A desert is any region on Earth that can have a moisture deficit lasting the course of a year. Deserts are present on each continent, from the Gibson Desert in Australia to the Thar Desert in Asia, the Sonoran Desert in Mexico and the USA and the Sechura Desert in Peru. They are often regions of extreme temperatures where living conditions are hostile. Deserts vary greatly in the amount of annual rainfall they receive; generally, usually less than 250 millimetres annually. Temperature variability is also extremely diverse in these regions. Many deserts, such as the Sahara in Africa, are hot all year-round but others, such as Asia’s Gobi, become quite cold in winter.
Despite the limited vegetation cover plant diversity can be high. All plants have evolved to minimise water loss; cacti are a representative example of this ability.
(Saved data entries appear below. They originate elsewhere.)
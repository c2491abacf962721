-- ===== src/Hosts/Same.antt =====
-- server/gateway/src/voice_instance: what a session sees of a remote host, compared to an integrated
-- one that has the same voice server.
use voices.Common.{
  ℕ, ◌^◌, ◌<◌, ◌≡◌, some, List, [], ◌∷◌, map, arith, refl, ap, lt→ltb, if◌then◌else◌,
}
use voices.Crypto.{Aead}
use voices.Connection.{ConnectionState, is_waiting, is_peered, is_stopped}
use voices.Forwarder.{Peer, Random}
use voices.VoiceServer.{VoiceServer}
use voices.VoiceServer.Requests.{
  Result, ok, err, OpenConnection, ConnectionData, EstablishSession, OpenConnectionError,
  LeaveError, EstablishSessionError, StatusError, open_connection_at, establish_session,
  leave_channel, user_status, channel_status,
}
use voices.Grpc.{
  text, Codec, Status, map_err, map_ok, write_data, write_peer, write_peers, write_state, read_open,
  read_establish, read_pair, read_channel,
}
use voices.Grpc.Service.{
  serve_open, serve_establish, serve_leave, serve_user_status, serve_status,
  map_open_connection_error, map_establish_session_error, map_leave_error, map_status_error,
}
use voices.Hosts.{
  HostError, missing, other, Request, open_connection, establish, leave, status_of, peers_of,
  Response, opened, established, left, user_state, present, open_error, establish_error, contains,
  leave_error, status_error, Answered, answer, integrated_host, from_status, or_other, read_state,
  receive, read_data, read_peers, write_open, write_establish, remote_host,
}

-- The error of a remote host for that of an integrated one: a missing client is not named.
abbrev pub renamed : HostError → HostError
renamed (missing name) =
    if contains (text "peer") name then missing (text "something") else missing name
renamed other = other

abbrev pub over_grpc : Answered → Answered
over_grpc (r, s) = (map_err renamed r, s)

-- The addresses in a request and in an answer have ports of 16 bits.
abbrev pub HasPort : Request → Type 0
HasPort (establish req) = req.client_addr.port < 2 ^ 16
HasPort _ = Unit

abbrev pub HasPorts : Result Response HostError → Type 0
HasPorts (ok (opened d)) = d.sock.port < 2 ^ 16
HasPorts _ = Unit

open_errors :
    (e : OpenConnectionError) → from_status (map_open_connection_error e) ≡ renamed (open_error e)
unfolding from_status
open_errors OpenConnectionError.channel_not_found = refl
open_errors OpenConnectionError.no_open_ports = refl
open_errors OpenConnectionError.other = refl

establish_errors :
    (e : EstablishSessionError)
    → from_status (map_establish_session_error e) ≡ renamed (establish_error e)
unfolding from_status
establish_errors EstablishSessionError.peer_not_here = refl
establish_errors EstablishSessionError.channel_not_found = refl
establish_errors EstablishSessionError.other = refl

leave_errors : (e : LeaveError) → from_status (map_leave_error e) ≡ renamed (leave_error e)
unfolding from_status
leave_errors LeaveError.peer_not_here = refl
leave_errors LeaveError.channel_not_found = refl

status_errors : (e : StatusError) → from_status (map_status_error e) ≡ renamed (status_error e)
unfolding from_status
status_errors StatusError.peer_not_here = refl
status_errors StatusError.channel_not_found = refl
status_errors StatusError.other = refl

-- An answer that is written by the service and read by the host.
carried :
    {A B E : Type 0} (refuse : E → Status) (write : A → B) (read : B → Result Response HostError)
    (f : E → HostError) (g : A → Response) (x : Result A E × VoiceServer)
    → ((e : E) → from_status (refuse e) ≡ renamed (f e))
    → ((a : A) → x.0 ≡ ok a → read (write a) ≡ ok (g a))
    → receive read (map_ok write (map_err refuse x.0), x.1) ≡ over_grpc (answer f g x)
carried refuse write read f g (ok a, s') h k = ap (λ r. (r, s')) (k a refl)
carried refuse write read f g (err b, s') h k = ap (λ e. (err e, s')) (h b)

read-write_data :
    (codec : Codec) (d : ConnectionData)
    → d.sock.port < 2 ^ 16
    → read_data codec (write_data codec d) ≡ ok d
unfolding read_data write_data
read-write_data codec d lt = rw (codec.ip-round d.sock.ip, lt→ltb d.sock.port (2 ^ 16) lt) refl

read-write_peers :
    (codec : Codec) (ps : List Peer) → read_peers codec (map (write_peer codec) ps) ≡ ok ps
unfolding read_peers
read-write_peers codec [] = refl
read-write_peers codec (p ∷ ps) = rw (codec.uuid-round p.id, read-write_peers codec ps) refl

read-write_state : (st : ConnectionState) → read_state (write_state st) ≡ st
read-write_state is_waiting = refl
read-write_state is_peered = refl
read-write_state is_stopped = refl

read-write_open : (codec : Codec) (r : OpenConnection) → read_open codec (write_open codec r) ≡ ok r
unfolding read_open write_open
read-write_open codec r = rw (codec.uuid-round r.client_id, codec.uuid-round r.channel_id) refl

read-write_establish :
    (codec : Codec) (r : EstablishSession)
    → r.client_addr.port < 2 ^ 16
    → read_establish codec (write_establish codec r) ≡ ok r
unfolding read_establish write_establish
read-write_establish codec r lt =
    rw
      (
        codec.uuid-round r.client_id,
        codec.uuid-round r.channel_id,
        codec.ip-round r.client_addr.ip,
        lt→ltb r.client_addr.port (2 ^ 16) lt,
      )
      refl

read-write_pair :
    (codec : Codec) (client channel : ℕ)
    → read_pair codec (codec.uuid_to_string client) (codec.uuid_to_string channel)
      ≡ ok (client, channel)
unfolding read_pair
read-write_pair codec client channel = rw (codec.uuid-round client, codec.uuid-round channel) refl

read-write_channel :
    (codec : Codec) (channel : ℕ) → read_channel codec (codec.uuid_to_string channel) ≡ ok channel
unfolding read_channel
read-write_channel codec channel = rw (codec.uuid-round channel) refl

read-write_StatusResponse :
    (codec : Codec) (ps : List Peer) → read_peers codec (write_peers codec ps).info ≡ ok ps
unfolding write_peers
read-write_StatusResponse codec ps = read-write_peers codec ps

port_of :
    {E : Type 0} (f : E → HostError) (x : Result ConnectionData E × VoiceServer)
    (d : ConnectionData)
    → x.0 ≡ ok d
    → HasPorts (answer f opened x).0
    → d.sock.port < 2 ^ 16
port_of f (ok d', s) d e q = ground arith
port_of f (err b, s) d e q = absurd cc

module _ (codec : Codec) (aead : Aead) (now : ℕ) (rand : Random) where
  -- With the same voice server behind them and an answer from the service, a remote host gives each
  -- request the answer of an integrated host and leaves the voice server in the same state, but for the
  -- name in a NotFound that is about a client, which becomes that of something unnamed; as long as
  -- the ports of the addresses that are sent have 16 bits.
  pub remote-integrated :
      (req : Request) (s : VoiceServer)
      → HasPort req
      → HasPorts (integrated_host aead now rand req s).0
      → remote_host codec aead now rand req s ≡ over_grpc (integrated_host aead now rand req s)
  unfolding remote_host integrated_host serve_open serve_establish serve_leave serve_user_status
      serve_status
  remote-integrated (open_connection req) s p q = rw (read-write_open codec req) (
      carried map_open_connection_error (write_data codec) (λ r. map_ok opened (read_data codec r))
        open_error opened (open_connection_at aead now rand req s) open_errors
        (λ d e. ap (map_ok opened) (
          read-write_data codec d
            (port_of open_error (open_connection_at aead now rand req s) d e q))))
  remote-integrated (establish req) s p q = rw (read-write_establish codec req p) (
      carried map_establish_session_error (λ key. record { crypt_key = key })
        (λ r. ok (established r.crypt_key)) establish_error established
        (establish_session aead now req s) establish_errors (λ a e. refl))
  remote-integrated (leave channel client) s p q = rw (read-write_pair codec client channel) (
      carried map_leave_error (λ u. u) (λ u. ok left) leave_error (λ u. left)
        (leave_channel aead now channel client s) leave_errors (λ a e. refl))
  remote-integrated (status_of channel client) s p q = rw (read-write_pair codec client channel) (
      carried map_status_error (λ st. record { status = some (write_state st) })
        (λ r. map_ok (λ st. user_state (read_state st)) (or_other r.status)) status_error user_state
        (user_status aead now channel client s) status_errors
        (λ st e. ap (λ x. ok (user_state x)) (read-write_state st)))
  remote-integrated (peers_of channel) s p q = rw (read-write_channel codec channel) (
      carried map_status_error (write_peers codec) (λ r. map_ok present (read_peers codec r.info))
        status_error present (channel_status aead now channel s) status_errors
        (λ ps e. ap (map_ok present) (read-write_StatusResponse codec ps)))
Desert soils are usually poor because plant growth and productivity is low and the litter layer is almost absent. Furthermore, evaporation tends to accumulate salts at the soil surface.
Soil biodiversity in deserts is lower than in more moist regions, such as temperate forests, but surprisingly, can be higher than in some agricultural ecosystems. The soil surface can be dominated by a soil biocrust. The soil fauna is dominated by mites and nematodes. As nematodes require water films to be active, much of their time in desert soils is spent in an inactive state. Other abundant microarthropods include collembolans and a wide variety of insect larvae.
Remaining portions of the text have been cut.